Моя повесть — о встречах с дрянь-человеком, о котором ничего, в сущности, не известно до сих пор…

I

….Еще затемно мы выехали за поскотину, хлипкую границу из березовых жердей, оберегающих уездную столицу от напастей века. Смех и грех! Мы с Засекиным — и есть напасть, если честно. Я — дикий инородец, мечтающий кого-нибудь убить, а Засекин и вообще злодей, каких не видывал, наверное, свет. Даже уличные псы боялись на него гавкать, а полицейский начальник Кирилл Евсеич Сажин, гроза окружающей местности, завидев его, становился угрюмым и нервным.

Тележные колеса подскакивали на корнях деревьев, оголенных проселочной дорогой, и в тайнике, в поддоне, что-то расшаталось, начало бренчать.

— Музыки нам только не хватало, — сказал бесцветным голосом Засекин и натянул вожжи. — Давай, Феохарий, зашпаклюй как следует.

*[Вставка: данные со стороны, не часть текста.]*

-- ===== src/Registry/Client/Fetch.antt =====
-- fetchIdl: six URLs, one after the other. The document type, the network, encodeURIComponent and the
-- text of a thrown error are arguments.
use widespread_logos.Prelude.{
  ℕ, zero, suc, ◌≡◌, refl, Bool, some, List, [], ◌∷◌, ◌++◌, Text, codes, get_elem?, Result, ok, err,
  Error, if◌then◌else◌,
}
use widespread_logos.Prelude.Errors.{◌>>=◌}
use widespread_logos.Platform.{decimal}
use widespread_logos.Approval.Effects.{strip_slash}

pub record Answer (Doc : Type 0) : Type 0 where
  pub is_ok : Bool
  pub status : ℕ
  pub json : Result Doc

-- One round of the loop: a document, or the error that is remembered.
pub data Attempt (Doc : Type 0) : Type 0 where
  served : Doc → Attempt Doc
  failed : Text → Attempt Doc

-- `IdlFetchResult`
pub data IdlFetchResult (Doc : Type 0) : Type 0 where
  found : Doc → IdlFetchResult Doc
  not_found : Text → IdlFetchResult Doc

unfoldable pub prefix_urls : Text → Text → Text → List Text
prefix_urls base cid prefix =
    (base ++ (prefix ++ (codes "/data/" ++ cid)))
    ∷ (base ++ (prefix ++ (codes "/data/" ++ (cid ++ codes "/network/stream"))))
    ∷ (base ++ (prefix ++ (codes "/data/" ++ (cid ++ codes "/network"))))
    ∷ []

unfoldable pub idl_urls : Text → Text → List Text
idl_urls base cid =
    prefix_urls base cid (codes "/api/storage/v1") ++ prefix_urls base cid (codes "/api/codex/v1")

module _ {Doc : Type 0} (fetch : Text → Result (Answer Doc)) (text_of : Error → Text) where
  unfoldable pub json_attempt : Result Doc → Attempt Doc
  json_attempt (ok doc) = served doc
  json_attempt (err thrown) = failed (text_of thrown)

  unfoldable pub attempt : Result (Answer Doc) → Attempt Doc
  unfolding json_attempt
  attempt (err thrown) = failed (text_of thrown)
  attempt (ok r) =
      if r.is_ok then json_attempt r.json else failed (codes "HTTP " ++ decimal r.status)

  -- The loop, with the last error.
  unfoldable pub fetch_urls : Text → List Text → IdlFetchResult Doc
  fetch_urls last_err [] = not_found last_err
  fetch_urls last_err (u ∷ us) = elim (attempt (fetch u)) [
    | served doc ↦ found doc
    | failed message ↦ fetch_urls message us
  ]

  unfoldable pub fetch_idl : (Text → Result Text) → Text → Text → Result (IdlFetchResult Doc)
  fetch_idl encode_component idl_cid node_url = encode_component idl_cid >>= λ cid.
      ok (elim (fetch_urls (codes "no response") (idl_urls (strip_slash node_url) cid)) [
        | found doc ↦ found doc
        | not_found last_err ↦ not_found (
            codes "idl "
            ++ (idl_cid
                ++ (codes " not retrievable from " ++ (node_url ++ (codes ": " ++ last_err)))))
      ])

  -- A dead mirror never hides a document: when one of the URLs serves a document, the loop returns
  -- one, whatever the URLs before it answer or throw.
  pub fetch_urls-served :
      (last_err : Text) (urls : List Text) (n : ℕ) (url : Text) (doc : Doc)
      → get_elem? urls n ≡ some url
      → attempt (fetch url) ≡ served doc
      → (d : Doc) × (fetch_urls last_err urls ≡ found d)
  unfolding fetch_urls
  fetch_urls-served last_err [] zero url doc e h = cc
  fetch_urls-served last_err [] (suc n) url doc e h = cc
  fetch_urls-served last_err (u ∷ us) zero url doc e h =
      let same : u ≡ url = cc in (doc, rw (same, fetch_urls, h) refl)
  fetch_urls-served last_err (u ∷ us) (suc n) url doc e h =
      go (attempt (fetch u)) (λ message. fetch_urls-served message us n url doc e h)
    where
      go :
          (a : Attempt Doc)
          → ((message : Text) → (d : Doc) × (fetch_urls message us ≡ found d))
          → (d : Doc) × ((elim a [
            | served doc ↦ found doc
            | failed message ↦ fetch_urls message us
          ])
              ≡ found d)
      go (served d) rest = (d, refl)
      go (failed message) rest = rest message
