-- ===== src/Registry/Client/Trust.antt =====
-- Whom the overlay trusts.
use widespread_logos.Prelude.{
  ℕ, zero, suc, ◌≡◌, ◌↔◌, ◌⊎◌, inl, inr, refl, ap, true, Text, List, [], ◌∷◌, some, text_eq,
  text_eq_iff, text_eq_refl, Bool-cases, get_elem?, arith,
}
use widespread_logos.Registry.Entry.{Kind, deployer, third_party, RegistryEntry}
use widespread_logos.Registry.Client.{includes, endorse}

includes-found :
    (s : Text) (ts : List Text) → includes s ts ≡ true → (n : ℕ) × (get_elem? ts n ≡ some s)
unfolding includes
includes-found s [] h = cc
includes-found s (t ∷ ts) h = elim (Bool-cases (text_eq t s)) [
  | inl e ↦ (0, ap some ((text_eq_iff t s).0 e))
  | inr e ↦ let (n, found) = includes-found s ts (rw e at h) in (suc n, found)
]

found-includes :
    (s : Text) (ts : List Text) (n : ℕ) → get_elem? ts n ≡ some s → includes s ts ≡ true
unfolding includes
found-includes s [] zero e = cc
found-includes s [] (suc n) e = cc
found-includes s (t ∷ ts) zero e = let same : t ≡ s = cc in rw (same, text_eq_refl s) refl
found-includes s (t ∷ ts) (suc n) e = let rest = found-includes s ts n e in ground arith

-- An entry is endorsed as trusted exactly when it is a deployer's entry or its author is one of the
-- signers.
pub endorse-trusted :
    (entry : RegistryEntry) (signers : List Text)
    → ((endorse entry signers).trusted ≡ true)
      ↔ ((entry.kind ≡ deployer) ⊎ ((n : ℕ) × (get_elem? signers n ≡ some entry.author)))
unfolding endorse
endorse-trusted entry signers = by_kind entry.kind
  where
    by_kind :
        (k : Kind)
        → ((elim k [ deployer ↦ true | third_party ↦ includes entry.author signers ]) ≡ true)
          ↔ ((k ≡ deployer) ⊎ ((n : ℕ) × (get_elem? signers n ≡ some entry.author)))
    by_kind deployer = (λ e. inl refl, λ e. refl)
    by_kind third_party = (
      λ e. inr (includes-found entry.author signers e),
      λ e. elim e [ inl d ↦ cc | inr f ↦ found-includes entry.author signers f.0 f.1 ],
    )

Когда меня переделывали из мусульманина в православного, поп-батюшка почему-то выбрал это звучное имечко. Его уговаривали поискать в святцах что-нибудь поскромнее, но у священников и миссионеров была какая-то страсть к замысловатым и редкостным именам, особенно когда дело касалось крещения местных телеутов, алтайцев, чернецких татар и пришлых инородцев. Приемные родители и соседи называли меня Артюхой или Артемом — все ближе к тюркскому изначальному «Артык». Засекин же вроде бы наслаждался звучанием имени Феохарий, даже пел его в пьяном виде под гитару с употреблением иностранных и матерных слов. И вообще он большой оригинал: любил возникнуть внезапно перед благодушным обывателем и спросить в упор:

— А почему, сударь, ваши глаза бегают? А ну смотрите прямо! Советую признаться, где вы зарыли труп…

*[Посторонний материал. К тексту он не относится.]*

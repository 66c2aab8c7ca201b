-- ===== src/Social.antt =====
-- Social sign-in (packages/wallet-ui/src/social.ts): the choice of a provider and GitHub's device flow.
-- The network, the clock and Google's popup are parameters.
pub mod Ends
pub mod Google
use widespread_logos.Prelude.{
  ℕ, zero, suc, ◌+◌, ◌*◌, ◌<◌, Bool, true, false, not, ◌&&◌, Option, none, some, List, [], ◌∷◌,
  ◌++◌, Text, codes, text_eq, ltb, Error, message, Result, ok, err, if◌then◌else◌,
}
use widespread_logos.Platform.{decimal}
use widespread_logos.Platform.Json.{Value, str, undefined, get, get?, or_else}

pub record SocialProviderConfig : Type 0 where
  pub google_client_id : Option Text
  pub github_client_id : Option Text
  pub redirect_uri : Text

pub record SocialIdentity : Type 0 where
  pub provider : Text
  pub subject : Value
  pub display_name : Value

-- The answer to the request for a device code.
pub record DeviceCode : Type 0 where
  pub device_code : Text
  pub user_code : Text
  pub verification_uri : Text
  pub interval : ℕ
  pub expires_in : ℕ

pub record DeviceResponse : Type 0 where
  pub is_ok : Bool
  pub status : ℕ
  pub json : Result DeviceCode

-- The body of a poll.
pub record PollBody : Type 0 where
  pub access_token : Option Text
  pub error : Option Text

-- What the flow asks of the browser: the three requests, the clock in milliseconds and its timer.
pub record Browser (Host : Type 0) : Type 0 where
  pub device : Text → Host → Result DeviceResponse × Host
  pub poll : Text → Text → Host → Result PollBody × Host
  pub user : Text → Host → Result Value × Host
  pub now : Host → ℕ
  pub wait : ℕ → Host → Host
  pub show_code : Text → Text → Host → Host

-- `!!s`, of an optional text.
unfoldable pub present : Option Text → Bool
present none = false
present (some s) = not (text_eq s [])

unfoldable pub max : ℕ → ℕ → ℕ
max a b = if ltb a b then b else a

-- How a round of the loop ends.
pub data Round (Host : Type 0) : Type 0 where
  finished : Result SocialIdentity × Host → Round Host
  again : Host → Round Host

-- The identity of the user who authorized the device.
unfoldable pub github_identity : Value → Result SocialIdentity
unfolding get get? or_else
github_identity user = elim (get (codes "login") user) [
  | err e ↦ err e
  | ok login ↦ ok (record {
    provider = codes "github";
    subject = login;
    display_name = or_else (get? (codes "name") user) login;
  })
]

unfoldable pub user_identity : {Host : Type 0} → Result Value × Host → Result SocialIdentity × Host
unfolding github_identity
user_identity (err e, h) = (err e, h)
user_identity (ok user, h) = (github_identity user, h)

-- An error that ends the flow.
unfoldable pub is_final : Option Text → Bool
unfolding present
is_final none = false
is_final (some e) =
    present (some e)
    && not (text_eq e (codes "authorization_pending"))
    && not (text_eq e (codes "slow_down"))

unfoldable pub text_of : Option Text → Text
text_of none = []
text_of (some s) = s

module _ {Host : Type 0} (b : Browser Host) where
  unfoldable pub poll_round : Result PollBody × Host → Round Host
  unfolding present is_final user_identity text_of
  poll_round (err e, h) = finished (err e, h)
  poll_round (ok body, h) =
      if present body.access_token
      then finished (user_identity (b.user (text_of body.access_token) h))
      else if is_final body.error
      then finished (err (message (codes "device flow failed: " ++ text_of body.error)), h)
      else again h

  -- A round: the test of the clock, the wait and the poll.
  unfoldable pub round : Text → DeviceCode → ℕ → Host → Round Host
  unfolding poll_round max
  round client_id device deadline h =
      if ltb (b.now h) deadline
      then poll_round
          (b.poll client_id device.device_code (b.wait (max device.interval 5 * 1000) h))
      else finished (err (message (codes "device flow expired")), h)

  -- The loop, on fuel: `none` when the fuel is spent.
  unfoldable pub poll_loop :
      ℕ → Text → DeviceCode → ℕ → Host → Option (Result SocialIdentity × Host)
  unfolding round
  poll_loop zero client_id device deadline h = none
  poll_loop (suc fuel) client_id device deadline h = elim (round client_id device deadline h) [
    | finished r ↦ some r
    | again next ↦ poll_loop fuel client_id device deadline next
  ]

  unfoldable pub start_polling : Text → DeviceCode → Host → Option (Result SocialIdentity × Host)
  unfolding poll_loop
  start_polling client_id device h =
      let shown = b.show_code device.user_code device.verification_uri h in
      poll_loop (suc device.expires_in) client_id device (b.now shown + device.expires_in * 1000)
        shown

  unfoldable pub code_read : Text → Host → Result DeviceCode → Option (Result SocialIdentity × Host)
  unfolding start_polling
  code_read client_id h (err e) = some (err e, h)
  code_read client_id h (ok device) = start_polling client_id device h

  unfoldable pub device_answered :
      Text → Result DeviceResponse × Host → Option (Result SocialIdentity × Host)
  unfolding code_read decimal
  device_answered client_id (err e, h) = some (err e, h)
  device_answered client_id (ok res, h) =
      if not res.is_ok
      then some (err (message (codes "device code request failed: " ++ decimal res.status)), h)
      else code_read client_id h res.json

  -- `githubDeviceSignIn`
  unfoldable pub github_device_sign_in : Text → Host → Option (Result SocialIdentity × Host)
  unfolding device_answered
  github_device_sign_in client_id h = device_answered client_id (b.device client_id h)

  -- The hook of `makePopupSocialSignIn`.
  unfoldable pub social_sign_in :
      (Text → Text → Host → Result SocialIdentity × Host)
      → SocialProviderConfig
      → Text
      → Host
      → Option (Result SocialIdentity × Host)
  unfolding github_device_sign_in present text_of
  social_sign_in google cfg provider h =
      if text_eq provider (codes "google")
      then if not (present cfg.google_client_id)
        then some (err (message (codes "google sign-in not configured")), h)
        else some (google (text_of cfg.google_client_id) cfg.redirect_uri h)
      else if text_eq provider (codes "github")
      then if not (present cfg.github_client_id)
        then some (err (message (codes "github sign-in not configured")), h)
        else github_device_sign_in (text_of cfg.github_client_id) h
      else some (err (message (codes "unsupported provider " ++ provider)), h)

Полицейские, конечно, шуточки; робких они вгоняли в долгую бледность. Дело в том, что Фрол Демьяныч Засекин был когда-то полицейским сыщиком, да переусердствовал в каком-то расследовании, едва не загремев на каторгу. Злые языки болтали, что ворон ворону глаз не выклюет, поэтому его не в железах по этапу, а в Чернецкий уезд на поселение…

Я залез под телегу, вынул секретный гвоздь, раздвинул доски. Нащупал в поддоне винтовку, подсумок с патронами и какие-то непонятные предметы. Мое сердце затрепетало. Я обожал любое оружие, как и жизнь, наполненную опасностями и подвигами, я мечтал стать настоящим джигитом. Потом старательно набил тайник соломой, воткнул на место гвоздь… И тут нас догнал Илья Петрович Ручейников, мой приемный отец. Он схватился за край телеги, тяжело дыша. При свете зари было видно, что он в нательной рубахе, хотя было холодно, — она собралась складками на верху горба, как обычно бывает, когда он окучивает на огороде картошку. У него был большой горб, который еще совсем недавно вгонял меня в ужас.

— Побойся бога, Фрол Демьяныч! — запричитал он надтреснутым голосом. — Не сбивай мальчонку с пути! Он и так смурной, не отошел ишшо от прошлого…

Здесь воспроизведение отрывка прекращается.